富士通はGPU不足に対応する世界初の技術を開発

■CPUとGPUの計算リソースをリアルタイムに切り替える技術と、HPCシステムで複数プログラムの並行処理を可能にする技術を提供

 富士通<6702>(東証プライム)は11月9日、生成AIや深層学習などの需要の高まりによる世界的なGPU不足に対応するため、CPUとGPUの計算リソースをリアルタイムに切り替える世界初の技術と、HPCシステムで複数プログラムの並行処理を可能にする世界初の技術を開発したと発表。これらの技術は、現在開発中のソフトウェア構想「Computing Workload Broker」の一部として提供され、社会課題の解決と持続可能な社会を実現するイノベーションの創出につながるコンピューティング基盤の実現に向けて、顧客の解きたい問題に対してAIが最適なコンピュータを自動で選択し演算可能にする。

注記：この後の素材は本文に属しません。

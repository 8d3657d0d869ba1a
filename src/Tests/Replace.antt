-- ===== src/Tests/Replace.antt =====
-- replaceFile of internal/cli/files.go over a map from names to texts.
use bloblang_lsp.Common.{
  Text, Bool, true, false, Option, none, some, [], codes, text_eq, text_eq_iff, text_eq_refl,
  text_is_eq, ◌≡◌, ◌≢◌, refl, sym, ap, subst, ◌∙◌, Bool-cases, inl, inr,
}
use bloblang_lsp.Common.Dict.{updated}
use bloblang_lsp.Cli.Replace.{
  regular_file, FileInfo, FileSystem, replace_file, replace_at, inspect, fill_temp,
  rename_unchanged,
}
use bloblang_lsp.Cli.Replace.Whole.{Behaves, IsWhole, replace_file-IsWhole}

abbrev pub Files : Type 0
Files = Text → Option Text

abbrev info : FileInfo
info = record { kind = regular_file; mode = 420; size = 1; modified = 0; identity = 7 }

abbrev temp : Text
temp = codes "temp"

abbrev has : Option Text → Bool
has none = false
has (some _) = true

abbrev info_of : Option Text → Option FileInfo
info_of none = none
info_of (some _) = some info

abbrev make : Files → Option Text → Files × Option Text
make w none = (updated w temp (some []), some temp)
make w (some _) = (w, none)

abbrev pub files : FileSystem Files
files = record {
  dir_of = λ _. [];
  base_name = λ f. f;
  join_path = λ _ f. f;
  eval_symlinks = λ _ d. some d;
  lstat = λ w f. info_of (w f);
  read = λ w f. w f;
  create_temp = λ w _. make w (w temp);
  write = λ w t s. (updated w t (some s), true);
  chmod = λ w _ _. (w, true);
  sync = λ w _. (w, true);
  close = λ w _. (w, true);
  rename = λ w t p. (updated (updated w t none) p (w t), true);
  remove = λ w t. updated w t none;
}

elsewhere : (w : Files) (t f : Text) (v : Option Text) → f ≢ t → updated w t v f ≡ w f
elsewhere w t f v other = elim (Bool-cases (text_eq t f)) [
  | inl h ↦ absurd (other (sym ((text_eq_iff t f).0 h)))
  | inr h ↦ rw h refl
]

here : (w : Files) (t : Text) (v : Option Text) → updated w t v t ≡ v
here w t v = rw (text_eq_refl t) refl

made :
    (w : Files) (o : Option Text) (t : Text)
    → w temp ≡ o
    → (make w o).1 ≡ some t
    → (w t ≡ none) × ((make w o).0 t ≡ some [])
made w none t e h =
    subst (λ x. (w x ≡ none) × (updated w temp (some []) x ≡ some [])) (cc h)
      (e, here w temp (some []))
made w (some _) t e h = absurd cc

only :
    (w : Files) (o : Option Text) (f s : Text) → w temp ≡ o → w f ≡ some s → (make w o).0 f ≡ some s
only w none f s e h = elsewhere w temp f (some []) (λ same. absurd (cc (ap w same, e, h))) ∙ h
only w (some _) f s e h = h

behaves : Behaves files (λ w f. w f)
behaves = record {
  reads = λ w f s h. h;
  makes_new = λ w dir t h. (made w (w temp) t refl h).0;
  makes_empty = λ w dir t h. (made w (w temp) t refl h).1;
  makes_only = λ w dir f s h. only w (w temp) f s refl h;
  writes = λ w t s empty h. here w t (some s);
  writes_only = λ w t s f other. elsewhere w t f (some s) other;
  chmods = λ w t m f. refl;
  syncs = λ w t f. refl;
  closes = λ w t f. refl;
  renames = λ w t p h. here (updated w t none) p (w t);
  renames_only = λ w t p f other different.
      elsewhere (updated w t none) p f (w t) different ∙ elsewhere w t f none other;
  renames_or_fails = λ w t p f h. absurd cc;
  removes_only = λ w t f other. elsewhere w t f none other;
}

abbrev pub one_file : Files
one_file = updated (λ _. none) (codes "a") (some (codes "old"))

-- The file gets its new text, and the temporary file is gone; a changed file is left alone.
replaced :
    (replace_file files one_file (codes "a") (codes "old") (codes "new")).0 (codes "a")
    ≡ some (codes "new")
unfolding replace_file replace_at inspect fill_temp rename_unchanged
replaced = refl

left_alone :
    (replace_file files one_file (codes "a") (codes "older") (codes "new")).0 (codes "a")
    ≡ some (codes "old")
unfolding replace_file replace_at inspect fill_temp rename_unchanged
left_alone = refl

replace_file-IsWhole_example :
    IsWhole files
      (λ w f. w f)
      one_file
      (some (codes "a"))
      (codes "old")
      (codes "new")
      (replace_file files one_file (codes "a") (codes "old") (codes "new"))
replace_file-IsWhole_example =
    replace_file-IsWhole files (λ w f. w f) behaves one_file (codes "a") (codes "old") (codes "new")
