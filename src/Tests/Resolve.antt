-- ===== src/Tests/Resolve.antt =====
-- The resolution of a request in internal/mapping/resolve.go whose mapping imports another file.
use bloblang_lsp.Common.{
  ℕ, Text, true, none, some, [], ◌∷◌, ◌++◌, ◌≡◌, refl, codes, text_eq, text_is_eq, if◌then◌else◌,
}
use bloblang_lsp.Common.Dict.{lookup, insert}
use bloblang_lsp.Common.Strings.{
  has_prefix, has_suffix, trim_left, trim_right, trim_space, before, after_byte, split,
}
use bloblang_lsp.Common.Result.{ok, err}
use bloblang_lsp.Benthos.Sample.{invalid, FileInfo, System}
use bloblang_lsp.Mapping.Resolve.{
  Request, Host, two_sources, relative_directive, request_size, read_request_file,
}
use bloblang_lsp.Mapping.Resolve.Inputs.{check_inline_lines, check_inline_sample_paths}
use bloblang_lsp.Mapping.Resolve.Imports.{Parser, supplied, walk, snapshot_imports}
use bloblang_lsp.Mapping.Resolve.Requests.{resolve}
use bloblang_lsp.Mapping.Resolve.Requests.Resolved.{IsResolved, resolve-IsResolved}

abbrev text_of : Text → Text
text_of p = if text_eq p (codes "/d/m") then codes "import" else codes "lib"

abbrev info : FileInfo
info = record { regular = true; size = 6 }

abbrev system : System ℕ
system = record {
  json = λ b. invalid [];
  yaml = λ b. invalid [];
  parse_int = λ s. none;
  stat = λ p. ok info;
  open_stat = λ p. ok info;
  contents = λ p. ok (text_of p);
  is_abs = λ p. has_prefix (codes "/") p;
  join_path = λ base p. base ++ (codes "/" ++ p);
}

abbrev host : Host ℕ
host = record {
  abs = λ p. some p;
  working_dir = none;
  dir_of = λ p. codes "/d";
  ext_of = λ p. [];
  to_slash = λ p. p;
  equal_fold = text_eq;
  stem_of = λ p. p;
  inline_stem = codes ".";
  dev_null = codes "/dev/null";
  json_valid = λ b. true;
  marshal = λ v. none;
  request_bytes = λ r. some 100;
}

-- The source "import" asks for one file.
abbrev parser : Parser
parser source [] = if text_eq source (codes "import") then some (codes "l") else none
parser source (_ ∷ _) = none

abbrev request : Request ℕ
request = record {
  source = [];
  input = codes "1";
  metadata = none;
  env = none;
  imports = [];
  root = [];
  mapping_path = codes "/d/m";
  input_path = [];
  sample_path = [];
  origin = [];
}

abbrev resolved : Request ℕ
resolved = record request {
  source = codes "import";
  imports = (codes "l", codes "lib") ∷ [];
  mapping_path = [];
  origin = codes "/d/m";
}

resolves : resolve host system parser request ≡ ok resolved
unfolding resolve request_size read_request_file snapshot_imports walk supplied lookup insert
resolves = refl

resolve-IsResolved_example : IsResolved host system (λ name. refl) parser request resolved
resolve-IsResolved_example =
    resolve-IsResolved host system (λ name. refl) parser request resolved resolves

-- A source besides a mapping, and inline source that names a relative sample.
refuses : resolve host system parser (record request { source = codes "import" }) ≡ err two_sources
unfolding resolve
refuses = refl

finds_relative :
    check_inline_sample_paths system (codes "# a\n#!input_from 'x.json'\nroot = this")
    ≡ err (relative_directive (codes "input_from"))
unfolding check_inline_sample_paths check_inline_lines split trim_space trim_left trim_right before
    after_byte has_suffix
finds_relative = refl
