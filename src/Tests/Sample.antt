-- ===== src/Tests/Sample.antt =====
-- Directives and sample files of internal/benthos/sample.go over a file system with one sample.
use bloblang_lsp.Common.{
  ℕ, ◌≤◌, Text, true, false, none, some, List, [], ◌∷◌, ◌++◌, ◌≡◌, ◌≢◌, refl, codes, text_eq,
  if◌then◌else◌, length,
}
use bloblang_lsp.Common.Result.{Result, ok, err}
use bloblang_lsp.Common.Dict.{insert}
use bloblang_lsp.Common.Strings.{
  has_suffix, trim_suffix, trim_left, trim_right, trim_space, before, after_byte, split, join,
  has_prefix,
}
use bloblang_lsp.Benthos.Sample.{
  Value, text, object, no_entries, entry, Sample, SampleContext, Decoded, decoded, at_end, FileInfo,
  System, duplicate_directive,
}
use bloblang_lsp.Benthos.Sample.Decoding.{
  decode_sample_value, normalize_numbers, env_of, apply_sample, whole, set_root,
}
use bloblang_lsp.Benthos.Sample.Decoding.Whole.{SameValues, apply_sample-SameValues}
use bloblang_lsp.Benthos.Sample.Files.{
  read_sample_file, load_sample, max_sample_file_bytes, read_sample_file_bounds,
}
use bloblang_lsp.Benthos.Sample.Directives.{
  block, load_directive, apply_directive, directive_step, line_step, read_directives, is_explicit,
  extract_from_lines, extract_sample_with_source, siblings, empty_context,
}
use bloblang_lsp.Benthos.Sample.Directives.Header.{IsCode, extract_from_lines-append}
use bloblang_lsp.Benthos.Sample.Directives.Traces.{IsTraced, extract_from_lines-IsTraced}

abbrev path : Text
path = codes "/d/m.sample.json"

abbrev envelope : Value ℕ
envelope = object (entry (codes "input") (text (codes "x")) no_entries)

-- Every text decodes to itself, but for the file's.
abbrev decode : Text → Decoded ℕ
decode bytes =
    if text_eq bytes (codes "{}")
    then decoded (object (entry (codes "$bloblang") envelope no_entries)) at_end
    else decoded (text bytes) at_end

abbrev info_of : Text → Result Text FileInfo
info_of p =
    if text_eq p path then ok (record { regular = true; size = 2 }) else err (codes "no file")

abbrev system : System ℕ
system = record {
  json = decode;
  yaml = decode;
  parse_int = λ s. none;
  stat = info_of;
  open_stat = info_of;
  contents = λ p. ok (codes "{}");
  is_abs = λ p. has_prefix (codes "/") p;
  join_path = λ base p. base ++ (codes "/" ++ p);
}

abbrev base_dir : Text
base_dir = codes "/d"

abbrev header : List Text
header =
    codes "# a mapping"
    ∷ codes "#!sample_from m.sample.json"
    ∷ codes "#!root |"
    ∷ codes "#| a"
    ∷ codes "#| b"
    ∷ []

abbrev code : Text
code = codes "root = this"

reads : read_sample_file system path ≡ ok (codes "{}")
unfolding read_sample_file
reads = refl

read_sample_file_bounds_example :
    (length (codes "{}") ≤ max_sample_file_bytes)
    × (system.contents path ≡ ok (codes "{}"))
    × ((before : FileInfo) × (opened : FileInfo) × (system.stat path ≡ ok before)
        × (system.open_stat path ≡ ok opened)
        × (before.regular ≡ true)
        × (before.size ≤ max_sample_file_bytes)
        × (opened.regular ≡ true)
        × (opened.size ≤ max_sample_file_bytes))
read_sample_file_bounds_example = read_sample_file_bounds system path (codes "{}") reads

is_code : IsCode code
unfolding trim_space trim_left trim_right
is_code = (refl, refl)

extract_from_lines-append_example :
    extract_from_lines system base_dir [] (header ++ code ∷ codes "#!input y" ∷ [])
    ≡ extract_from_lines system base_dir [] header
extract_from_lines-append_example =
    extract_from_lines-append code is_code (codes "#!input y" ∷ []) system base_dir [] header

abbrev found : Sample ℕ
found = record {
  root = some (text (codes "a\nb"));
  has_root = true;
  input = some (text (codes "x"));
  meta = none;
  env = none;
  source = path;
  line = 2;
  dependencies = path ∷ [];
  dependency_lines = (path, 1) ∷ [];
}

finds : extract_from_lines system base_dir [] header ≡ ok (some found)
unfolding extract_from_lines is_explicit read_directives line_step directive_step apply_directive
    load_directive load_sample read_sample_file decode_sample_value normalize_numbers apply_sample
    env_of block trim_space trim_left trim_right trim_suffix has_suffix before after_byte join
    insert
finds = refl

extract_from_lines-IsTraced_example : IsTraced system found × (found.input ≢ none)
extract_from_lines-IsTraced_example =
    extract_from_lines-IsTraced system base_dir [] header found finds

abbrev given : SampleContext ℕ
given = record {
  sample = record (empty_context.sample) { input = some (text (codes "x")) };
  has_input = true;
}

apply_sample-SameValues_example :
    (d' : SampleContext ℕ) × (apply_sample (set_root empty_context (text [])) envelope whole
      ≡ ok d')
    × SameValues d' given
unfolding apply_sample env_of
apply_sample-SameValues_example =
    apply_sample-SameValues empty_context (set_root empty_context (text [])) envelope refl

-- The two orders of a repeated directive.
repeats :
    extract_from_lines system base_dir [] (codes "#!input a" ∷ codes "#!input b" ∷ [])
    ≡ err (record { line = 1; problem = duplicate_directive (codes "input") })
unfolding extract_from_lines is_explicit read_directives line_step directive_step apply_directive
    decode_sample_value normalize_numbers trim_space trim_left trim_right trim_suffix has_suffix
    before after_byte
repeats = refl

finds_sibling :
    extract_sample_with_source system (codes "m") (codes "root = 1\n") base_dir [] []
    ≡ ok (some (record found { root = none; has_root = false; line = 0; dependency_lines = [] }))
unfolding extract_sample_with_source siblings split extract_from_lines is_explicit read_directives
    line_step load_sample read_sample_file decode_sample_value normalize_numbers apply_sample env_of
    trim_space trim_left trim_right
finds_sibling = refl
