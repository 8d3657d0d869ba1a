-- ===== src/Tests/Signature.antt =====
-- The call around the cursor in an unfinished expression.
use bloblang_lsp.Common.{true, false, some, [], ◌∷◌, codes, ◌≡◌, refl}
use bloblang_lsp.Common.Strings.{trim_space, trim_left, trim_right, join}
use bloblang_lsp.Common.Result.{ok, err}
use bloblang_lsp.Benthos.Completion.{Params}
use bloblang_lsp.Lsp.Signature.{
  SignatureCall, active_signature_call, scan, check_cancelled, begin_token, punctuate,
  name_argument, signature_label, active_parameter,
}

abbrev call : SignatureCall
call = record {
  name = codes "replace";
  method = true;
  delimiter = b'(';
  argument = 1;
  parameter_name = codes "new";
  argument_start = 19;
}

inner :
    active_signature_call trim_space (codes "a.f(1).replace(\"(\",\nnew: [x") (λ _. false)
    ≡ ok (some call)
unfolding active_signature_call scan check_cancelled begin_token punctuate name_argument trim_space
    trim_left trim_right
inner = refl

stopped : active_signature_call trim_space (codes "f(") (λ _. true) ≡ err tt
unfolding active_signature_call scan check_cancelled
stopped = refl

abbrev params : Params
params = record {
  definitions =
      record {
        name = codes "old";
        value_type = codes "string";
        description = [];
        is_optional = false;
        default_marshalled = [];
      }
      ∷ record {
        name = codes "new";
        value_type = codes "string";
        description = [];
        is_optional = false;
        default_marshalled = codes "1";
      }
      ∷ [];
  variadic = false;
}

label : signature_label call params ≡ codes "replace(old: string, new: string = 1)"
unfolding signature_label join
label = refl

active : active_parameter call params ≡ some 1
active = refl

 CPUとGPUの計算リソースをリアルタイムに切り替える技術(アダプティブGPUアロケーター技術)は、GPUを活用したプログラム処理中においても、高い実行効率が見込める処理に対してリアルタイムかつ優先的にGPUを割り振ることで、CPUとGPUの計算リソースを適切に活用可能な技術。これにより、利用者は、先行しているGPUでのプログラム処理を終えるまで待つ必要がなくなるほか、CPUで処理が始まっているプログラムに対してもGPUの利用状況を踏まえてリアルタイムにGPUへ切り替えることが可能になり、高効率なGPU利用を実現する。GPUを利用するAIや高度な画像認識などのアプリケーション開発において、グラフAIデータを処理するモデルの学習などを素早く実施することが可能になる。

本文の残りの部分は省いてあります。